— Exercise prompt —
Across the records below, how many lines include the string "elim"? Respond with the number only.

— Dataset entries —
........

-- ===== src/Channel/Keep.antt =====
-- A packet that is ahead within the window is kept in its slot.
use dubuframework.Base.{
  ℕ, ◌+◌, ◌-◌, ◌%◌, ◌^◌, ◌≤◌, ◌<◌, ◌≡◌, refl, sym, ◌∙◌, inl, inr, Bool, true, false, ◌&&◌, some,
  List, append-nil, arith, ◌==◌, if◌then◌else◌, Bool-cases, update, update_ne, update_self,
  update-same, u32, sub32, bit_or, ltb,
}
use native.Mathlib.Decide.{dec_lt, ℕ_discrete}
use dubuframework.Sequence.{IsStream}
use dubuframework.Packet.{Packet}
use dubuframework.PacketState.{window_count, RecvState}
use dubuframework.CachePool.{pop_packet_buffer}
use dubuframework.Host.{Host, IsLog}
use dubuframework.Sequence.{del_within, del_ahead, raise_true, raise_false}
use dubuframework.Channel.{CachePacket, CacheAlreadyPacket, Receiving, keep_ahead}
use dubuframework.Channel.Ahead.{SlotHolds, IsWindow}
use dubuframework.Channel.Next.{Outcome}

SlotHolds-wider :
    (msg : ℕ → Packet) (b : Bool) (w w' d n : ℕ) (c : CachePacket)
    → w ≤ w'
    → SlotHolds msg b 2 w d n c
    → SlotHolds msg b 2 w' d n c
SlotHolds-wider msg b w w' d n c le s = ground arith

-- The slot of message `n` alone changes.
module _ (msg : ℕ → Packet) (got : ℕ → Bool) {k w : ℕ} {cap : CacheAlreadyPacket}
    (v : IsWindow msg got 2 k w cap) (n : ℕ) (low : k + 2 ≤ n) (high : n < k + window_count) where
  -- The highest place.
  abbrev w' : ℕ
  w' = if ltb (n - k) w then w else n - k

  slot_kept :
      (c : CachePacket)
      → c.is_keep ≡ true
      → c.sequence_no ≡ u32 n
      → c.buffer ≡ some (msg n)
      → (d : ℕ) → d < window_count
      → SlotHolds msg
          (update got n true (k + d))
          2
          w'
          d
          (k + d)
          (update cap.cache_packets (n % window_count) c ((k + d) % window_count))
  slot_kept c on sq bf d lt = elim (ℕ_discrete (k + d) n) [
    | yes e ↦
        rw (e, update_self got n true, update_self cap.cache_packets (n % window_count) c)
          (ground arith)
    | no ne ↦
        rw
          (
            update_ne got n true (k + d) (λ q. ne (sym q)),
            update_ne cap.cache_packets (n % window_count) c ((k + d) % window_count) (omega arith),
          )
          (SlotHolds-wider msg (got (k + d)) w w' d (k + d)
            (cap.cache_packets ((k + d) % window_count)) (ground arith) (v.slots d lt))
  ]

  keep-IsWindow :
      (cap' : CacheAlreadyPacket) (c : CachePacket)
      → c.is_keep ≡ true
      → c.sequence_no ≡ u32 n
      → c.buffer ≡ some (msg n)
      → cap'.cache_packets ≡ update cap.cache_packets (n % window_count) c
      → cap'.rps.recv_repeat_seq ≡ u32 k
      → cap'.rps.last_repeat_seq ≡ u32 (k + w')
      → IsWindow msg (update got n true) 2 k w' cap'
  keep-IsWindow cap' c on sq bf ec er el = record {
    recv_at = er;
    last_at = el;
    within = ground (arith, v.within);
    slots = λ d lt. rw ec (slot_kept c on sq bf d lt);
    done = λ i le. ground (arith, v.done i);
    beyond = λ i le. ground (arith, v.beyond i);
  }

  highest :
      (if ltb (sub32 (u32 n) (u32 (k + w))) window_count then u32 n else u32 (k + w)) ≡ u32 (k + w')
  highest = elim (dec_lt (n - k) w) [
    | yes p ↦
        rw (raise_false k n (k + w) (omega (arith, v.within)) (omega arith) (omega arith))
          (ground arith)
    | no p ↦
        rw
          (raise_true k n (k + w) (omega arith) (omega (arith, v.within)) (omega arith)
            (omega arith))
          (ground arith)
  ]

module _ {S : Type 0} (h : Host S) (msg : ℕ → Packet) (stream : IsStream msg)
    (seen : S → List Packet) (laws : IsLog h seen) (got : ℕ → Bool) {k w : ℕ} (r : Receiving S)
    (v : IsWindow msg got 2 k w r.cap) (n : ℕ) (low : k + 2 ≤ n) (high : n < k + window_count) where
  abbrev slot : CachePacket
  slot = r.cap.cache_packets (n % window_count)

  abbrev fresh : CachePacket
  fresh = record {
    buffer = some (msg n);
    time_stamp = (h.clock r.host).0;
    sequence_no = (msg n).header.sequence_no;
    is_keep = true;
  }

  abbrev raised : RecvState
  raised = record r.cap.rps { last_repeat_seq = u32 (k + w' msg got v n low high) }

  index : u32 n % window_count ≡ n % window_count
  index = omega arith

  keep_again :
      (slot.is_keep && slot.sequence_no == u32 n) ≡ true
      → keep_ahead h (msg n) r ≡ (record r { cap = record r.cap { rps = raised } }, true)
  unfolding keep_ahead
  keep_again on = rw (
    stream.numbered n,
    v.recv_at,
    v.last_at,
    del_ahead k n (omega arith) high,
    index,
    on,
    highest msg got v n low high,
  )

  keep_fresh :
      (slot.is_keep && slot.sequence_no == u32 n) ≡ false
      → keep_ahead h (msg n) r ≡ (
        record {
          cap = record {
            rps = record raised {
              cache_repeat_count = bit_or r.cap.rps.cache_repeat_count (2 ^ (n - k - 1));
            };
            cache_packets = update r.cap.cache_packets (n % window_count) fresh;
          };
          caches = pop_packet_buffer r.caches;
          host = (h.clock r.host).1;
        },
        true,
      )
  unfolding keep_ahead
  keep_fresh off = rw (
    stream.numbered n,
    v.recv_at,
    v.last_at,
    del_ahead k n (omega arith) high,
    index,
    off,
    highest msg got v n low high,
    del_within k n (omega arith) high,
  )

  abbrev seqs : ℕ → Bool
  seqs = update got n true

  -- The slot of message `n` holds message `n`, if it is kept.
  slot_at :
      (slot.is_keep && slot.sequence_no == u32 n) ≡ true
      → (slot.is_keep ≡ true) × (slot.sequence_no ≡ u32 n) × (slot.buffer ≡ some (msg n))
  slot_at on =
      let e : k + (n - k) ≡ n = omega arith in
      let s = rw e at (v.slots (n - k) (omega arith)) in ground (arith, s)

  -- With no more parsed.
  unmoved :
      (r' : Receiving S)
      → IsWindow msg seqs 2 k (w' msg got v n low high) r'.cap
      → seen r'.host ≡ seen r.host
      → Outcome msg seen seqs k r r'
  unmoved r' win e = record {
    m = 0;
    w = w' msg got v n low high;
    window = let e : k + 0 ≡ k = omega arith in rw e win;
    log = e ∙ sym (append-nil (seen r.host));
  }

  pub keep_ahead-Outcome :
      (keep_ahead h (msg n) r).1 ≡ true × Outcome msg seen seqs k r (keep_ahead h (msg n) r).0
  keep_ahead-Outcome = elim (Bool-cases (slot.is_keep && slot.sequence_no == u32 n)) [
    | inl on ↦
        let (a, b, c) = slot_at on in
        rw (keep_again on) (
          refl,
          unmoved _
              (keep-IsWindow msg got v n low high _ slot a b c
                (sym (update-same r.cap.cache_packets (n % window_count))) v.recv_at refl)
              refl,
        )
    | inr off ↦ rw (keep_fresh off) (
      refl,
      unmoved _
          (keep-IsWindow msg got v n low high _ fresh refl (stream.numbered n) refl refl v.recv_at
            refl)
          (laws.seen-clock r.host),
    )
  ]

........

— Answer space —
3